# Texas is starting to heat up some



## greybeard (Jul 15, 2018)

North Central Texas 10 day forecast (includes DFW metroplex and surrounding areas)





Mine is not quite as bad, tho the thermometer on my front porch will probably show a few degrees higher from around 3pm till near sundown



if you furriners from the other 49 states hurry and move down, you can get in on some of this cool weather before the really hot temps get here in Aug and the hurricanes in Sept.......


----------



## Mike CHS (Jul 15, 2018)

I'll stick with Tennessee.  Break out the swamp coolers down your way.


----------



## greybeard (Jul 16, 2018)

Mike CHS said:


> I'll stick with Tennessee.  Break out the swamp coolers down your way.



Swamp coolers do not workin most of Texas. They do a minimal job even out in West Texas.  They cool by running a fine mist or trickle of water in the windstream, usually over a mesh pad of some kind. In other words, they use the latent heat evaporation principle to work. Our high humidity means the air is already pretty well saturated with moisture and can't take on any off the pad so the naturally humidified ambiant air is already way too high for a swamp/evaporative cooler to do anything except move some even more moist air around inside your home.


----------



## Baymule (Jul 16, 2018)

I’m a little over an hour from Dallas. We are on a heat advisory. We expect it this time of year. We also love our air conditioners this time  of year. LOL


----------



## greybeard (Jul 22, 2018)

Related to heat and humidity........
For Texans, native and immigrants, this is the beginning of wildfire season and there are some burning already.
To see what's smokin and cracklin, click on the following link to the official Texas Forest Service wildfire incident map and website:
https://www.tfswildfires.com/

Choose "Public Access" or go straight to:
https://public.tfswildfires.com/

Clicking on the little grid square at top right will bring up the legend and clicking on the 3 horizontal lines at top left will drop down an index, then Click on "incidents" for a text explanation of which county, the name of the fire, how many acres have burned and what % it is contained.

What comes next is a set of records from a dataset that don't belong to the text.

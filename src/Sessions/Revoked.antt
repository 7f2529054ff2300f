-- ===== src/Sessions/Revoked.antt =====
-- web/controllers/web_session_registry.go: what Validate and the epochs say after Revoke, RevokeAll
-- and a failed Validate.
use nps.Prelude.{
  ℕ, ◌^◌, ◌≡◌, ◌≢◌, ◌<◌, refl, sym, ap, ◌∙◌, Option, none, some, Bool, true, false, not, ◌==◌,
  ==_iff, arith, Bool-cases, Option-cases, inl, inr,
}
use nps.Text.{Text, same, is_empty}
use nps.Text.Table.{find, put, find-remove_self, find-put_self, find-keep_passes}
use nps.Sessions.{
  Device, Epochs, Registry, Stored, nowhere, missing, broken, holds, Disk, load, ensure_loaded,
  Order, cleanup, epoch_of, current_epoch, session_epoch_valid, agrees, validate_in, validate,
  next_epoch, revoke_all_in, revoke_all,
}

-- A registry in use answers at once, whatever the disk.
pub record InUse (s : Registry) : Type 0 where
  pub loaded : s.loaded ≡ true
  pub fine : s.failed ≡ false

load-InUse : (c : Stored) → (load c).1 ≡ true → InUse (load c).0
unfolding load
load-InUse nowhere e = absurd (cc e)
load-InUse missing e = record { loaded = refl; fine = refl }
load-InUse broken e = absurd (cc e)
load-InUse (holds version epochs devices) e = ground (arith, e)

pub ensure_loaded-InUse :
    (disk : Disk) (s : Registry) → (ensure_loaded disk s).1 ≡ true → InUse (ensure_loaded disk s).0
unfolding ensure_loaded
ensure_loaded-InUse disk s e = elim (Bool-cases s.loaded) [
  | inl l ↦ ground (arith, l, e)
  | inr n ↦ rw n (load-InUse disk.content (rw n at e))
]

pub ensure_loaded-same : (disk : Disk) {s : Registry} → InUse s → ensure_loaded disk s ≡ (s, true)
unfolding ensure_loaded
ensure_loaded-same disk {s} u = ground arith

pub next_epoch-new : (e : ℕ) → e < 2 ^ 64 → (next_epoch e ≢ e) × (0 < next_epoch e)
unfolding next_epoch
next_epoch-new e h = ground arith

pub validate-InUse :
    (disk : Disk) {s : Registry} (id principal : Text) (epoch now : ℕ)
    → InUse s
    → is_empty id ≡ false
    → validate disk s id principal epoch now
      ≡ validate_in id principal epoch now s (find id s.devices)
unfolding validate
validate-InUse disk id principal epoch now u named = rw (ensure_loaded-same disk u, named) refl

pub validate-none :
    (disk : Disk) {s : Registry} (id principal : Text) (epoch now : ℕ)
    → InUse s
    → is_empty id ≡ false
    → find id s.devices ≡ none
    → (validate disk s id principal epoch now).1 ≡ false
unfolding validate_in
validate-none disk {s} id principal epoch now u named gone =
    ap (λ r. r.1)
      (validate-InUse disk {s = s} id principal epoch now u named
        ∙ ap (validate_in id principal epoch now s) gone)

validate-loaded :
    (disk : Disk) (s : Registry) (id principal : Text) (epoch now : ℕ)
    → is_empty id ≡ false
    → (ensure_loaded disk s).1 ≡ true
    → validate disk s id principal epoch now
      ≡ validate_in id principal epoch now
          (ensure_loaded disk s).0
          (find id (ensure_loaded disk s).0.devices)
unfolding validate
validate-loaded disk s id principal epoch now named fine = rw (named, fine) refl

true-false : ¬ (true ≡ false)
true-false e = cc e

-- A device that Validate turns down is gone.
rejected-gone :
    {s : Registry} (id principal : Text) (epoch now : ℕ) (o : Option Device)
    → InUse s
    → find id s.devices ≡ o
    → (validate_in id principal epoch now s o).1 ≡ false
    → InUse (validate_in id principal epoch now s o).0
      × (find id (validate_in id principal epoch now s o).0.devices ≡ none)
unfolding validate_in
rejected-gone id principal epoch now none u e rejected = (u, e)
rejected-gone {s} id principal epoch now (some d) u e rejected =
    elim (Bool-cases (agrees principal epoch now d)) [
      | inl yes_it ↦ absurd (true-false (rw yes_it at rejected))
      | inr disagrees ↦
          rw disagrees (record { loaded = u.loaded; fine = u.fine }, find-remove_self id s.devices)
    ]

-- If the registry is loaded and Validate turns down a device with an id, then Validate turns this
-- id down from then on, for any principal, epoch and time, in the state that it left.
pub validate-rejects :
    (disk later_disk : Disk) (s : Registry) (id principal other : Text) (epoch epoch' now later : ℕ)
    → is_empty id ≡ false
    → (ensure_loaded disk s).1 ≡ true
    → (validate disk s id principal epoch now).1 ≡ false
    → (validate later_disk (validate disk s id principal epoch now).0 id other epoch' later).1
      ≡ false
validate-rejects disk later_disk s id principal other epoch epoch' now later named fine rejected =
    let step = validate-loaded disk s id principal epoch now named fine in
    let (u, gone) =
      rejected-gone id principal epoch now (find id (ensure_loaded disk s).0.devices)
        (ensure_loaded-InUse disk s fine) refl (sym (ap (λ r. r.1) step) ∙ rejected) in
    rw step (validate-none later_disk id other epoch' later u named gone)

validate_disagrees :
    (disk : Disk) {s : Registry} (id principal : Text) (epoch now : ℕ)
    → InUse s
    → is_empty id ≡ false
    → ((d : Device) → find id s.devices ≡ some d → same d.principal principal ≡ false)
    → (validate disk s id principal epoch now).1 ≡ false
unfolding validate_in agrees
validate_disagrees disk {s} id principal epoch now u named h =
    elim (Option-cases (find id s.devices)) [
      | inl gone ↦ validate-none disk id principal epoch now u named gone
      | inr (d, found) ↦
          ap (λ r. r.1)
            (validate-InUse disk id principal epoch now u named
              ∙ ap (validate_in id principal epoch now s) found)
          ∙ ground (arith, h d found)
    ]

not-true : (x : Bool) → not x ≡ true → x ≡ false
not-true true e = absurd (cc e)
not-true false e = refl

session-InUse :
    (disk : Disk) {s : Registry} (principal : Text) (epoch : ℕ)
    → InUse s
    → (session_epoch_valid disk s principal epoch).1 ≡ (epoch == epoch_of principal s.epochs)
unfolding session_epoch_valid
session-InUse disk principal epoch u = rw (ensure_loaded-same disk u) refl

epoch_of-put : (p : Text) (e : ℕ) (m : Epochs) → epoch_of p (put p e m) ≡ e
epoch_of-put p e m = ap (λ o. elim o [ none ↦ 0 | some e' ↦ e' ]) (find-put_self p e m)

==_refl : (n : ℕ) → (n == n) ≡ true
==_refl n = (==_iff n n).1 refl

==_ne : (m n : ℕ) → n ≢ m → (m == n) ≡ false
==_ne m n h = ground (arith, h)

-- RevokeAll in a registry that is in use
ends_in :
    (disk later_disk : Disk) {s : Registry} (principal id : Text) (epoch later : ℕ)
    → InUse s
    → epoch_of principal s.epochs < 2 ^ 64
    → is_empty id ≡ false
    → let (s', count, new, problem) = revoke_all_in disk principal s in
      ((validate later_disk s' id principal epoch later).1 ≡ false)
      × ((session_epoch_valid later_disk s' principal (epoch_of principal s.epochs)).1 ≡ false)
      × ((session_epoch_valid later_disk s' principal new).1 ≡ true)
      × (0 < new)
unfolding revoke_all_in
ends_in disk later_disk {s} principal id epoch later u bound named = (
  validate_disagrees later_disk id principal epoch later v named (λ d found.
      not-true _ (find-keep_passes (λ e. not (same e.principal principal)) id d s.devices found)),
  session-InUse later_disk principal old v
      ∙ rw (epoch_of-put principal (next_epoch old) s.epochs)
          (==_ne old (next_epoch old) (next_epoch-new old bound).0),
  session-InUse later_disk principal (next_epoch old) v
      ∙ rw (epoch_of-put principal (next_epoch old) s.epochs) (==_refl (next_epoch old)),
  (next_epoch-new old bound).1,
)
  where
    old : ℕ
    old = epoch_of principal s.epochs

    v : InUse (revoke_all_in disk principal s).0
    v = record { loaded = u.loaded; fine = u.fine }

revoke_all-loaded :
    (disk : Disk) (by_expiry : Order) (now : ℕ) (s : Registry) (principal : Text)
    → (ensure_loaded disk s).1 ≡ true
    → revoke_all disk by_expiry now s principal
      ≡ revoke_all_in disk principal (record (ensure_loaded disk s).0 {
        devices = (cleanup by_expiry now (ensure_loaded disk s).0.devices).0;
      })
unfolding revoke_all
revoke_all-loaded disk by_expiry now s principal fine = rw fine refl

current-loaded :
    (disk : Disk) (s : Registry) (principal : Text)
    → (ensure_loaded disk s).1 ≡ true
    → (current_epoch disk s principal).1 ≡ epoch_of principal (ensure_loaded disk s).0.epochs
unfolding current_epoch
current-loaded disk s principal fine = rw fine refl

-- If the registry is loaded and the epoch of a principal is a 64-bit word, then after RevokeAll
-- no device with an id validates for this principal, whatever the epoch and the time; the epoch
-- from before is no longer valid; and the new one is valid and not 0.
pub revoke_all-ends :
    (disk later_disk : Disk) (by_expiry : Order) (now : ℕ) (s : Registry) (principal id : Text)
    (epoch later : ℕ)
    → (ensure_loaded disk s).1 ≡ true
    → (current_epoch disk s principal).1 < 2 ^ 64
    → is_empty id ≡ false
    → let (s', count, new, problem) = revoke_all disk by_expiry now s principal in
      ((validate later_disk s' id principal epoch later).1 ≡ false)
      × ((session_epoch_valid later_disk s' principal (current_epoch disk s principal).1).1 ≡ false)
      × ((session_epoch_valid later_disk s' principal new).1 ≡ true)
      × (0 < new)
revoke_all-ends disk later_disk by_expiry now s principal id epoch later fine bound named =
    let u = ensure_loaded-InUse disk s fine in
    let current = current-loaded disk s principal fine in
    rw (revoke_all-loaded disk by_expiry now s principal fine, current)
      (ends_in disk later_disk principal id epoch later
        (record { loaded = u.loaded; fine = u.fine }) (rw current at bound) named)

It is also interactive and responsive to cursor placement over each designation on the map.

As of right now...



That isn't as bad as it could be, but it isn't Sept yet...

 .


----------



## Baymule (Jul 22, 2018)

ARRRGH! Did you have to remind me? It hit 105 here today, the temp on our covered screened front porch was 109. So much for sitting in a swing on the porch...…. but at least the porch keeps that heat from hitting the house.


----------



## Latestarter (Jul 22, 2018)

Not sure, but if it's that temp on your porch, I'd guess that temp HAS hit your house... I mean isn't the porch right up against the house? Shade is obviously still better than the sun directly hitting the house...


----------



## OneFineAcre (Jul 23, 2018)

My brother is headed your way tomorrow
He is an adjuster for Nationwide
Lot of hail damage to cars in TX


----------



## greybeard (Jul 23, 2018)

OneFineAcre said:


> My brother is headed your way tomorrow
> He is an adjuster for Nationwide
> Lot of hail damage to cars in TX


Where? 
Every report I've seen on the hail map is a month old.
http://www.stormersite.com/yesterday/tx


----------



## Sheepshape (Jul 23, 2018)

This thread is a reality check for me. I believe we are suffering here.......now I know I don't really know the meaning of that word

We had a very cold winter, then rain, rain, rain. Now we have temperatures that we are unaccustomed to....about 80-85/90 degrees and bad drought. All that is usually green is now dry, yellow/brown and crispy. I'm gnawing my nails down as we have a domestic water supply from a spring......it could fail at any moment (We've started the process of getting a bore hole, but there is a waiting list. Anyway divining done and water is here.....well 80-100 metres down, but on the property).

I'm having to buy sheep food and no silage/hay made, so the winter will be a problem, too.

Home air con isn't really heard of her (we usually don't need it), but I live in an old stone house, so indoors no issues.

Our climate has certainly changed in the last 30 years......weather extremes are now getting to be the norm rather than a once in 50 years occurrence.


----------



## OneFineAcre (Jul 23, 2018)

greybeard said:


> Where?
> Every report I've seen on the hail map is a month old.
> http://www.stormersite.com/yesterday/tx



It's probably from a month ago.  They probably just haven't gotten to all of them.
He has just finished up spending 2 weeks at home.  Before that he was in TX for a month.
He spends a good part of his time in TX doing hail claims.

Edited:
I just spoke with him.  He is going to Addison which is outside of Dallas.
They are still working on claims from earlier storms.


----------



## Baymule (Jul 23, 2018)

That is a long time to finally see a claims adjuster! We used to have Foremost insurance on our old house. When we had a claim, we got an adjuster pretty quick. When the pipes burst in the ceiling and flooded the house, we didn't wait, we went ahead and hired plumbers to re-plumb the entire house. The adjusters showed up and treated us very fairly. Now we have Germania insurance for our house and vehicles. Haven't had a claim yet.


----------



## mystang89 (Jul 24, 2018)

Wow, I really hope you all get some refreshing cool weather down there.  That type of weather can really drain you especially since work doesn't stop needing to be done just because its hot.


----------



## greybeard (Jul 24, 2018)

Cooled off this morning. It's currently only 99-100F.


----------



## mystang89 (Jul 24, 2018)

Put your carhart on so you don't catch a cold!


----------



## farmerjan (Jul 24, 2018)

God Bless you "guys and gals"  I couldn't deal with that kind of heat. Or the dryness and wildfire threats and devastation.   Or the lack of hay or the "acres per animal" rather than "animals per acre".....  I do feel sorry for all the extreme heat that you are seeing though.


----------



## goatgurl (Jul 24, 2018)

don't want you texicans to think you are all alone suffering in the heat.  was a balmy 96 today but this is what the thermometer looked Friday  
  and yes it was 85* inside, the ac in the front of the house is on the fritz.  gotta love summer with the heat and the air that you wear.


----------



## greybeard (Jul 24, 2018)

mystang89 said:


> Put your carhart on so you don't catch a cold!


Had them on since January. I'll probably take them off next month when it gets Texas hot.


----------



## Baymule (Jul 24, 2018)

Today it was only 100 degrees, positively cool! It sure was nice, breezy too! Supposed to cool off to the high 90's for the rest of the week.


----------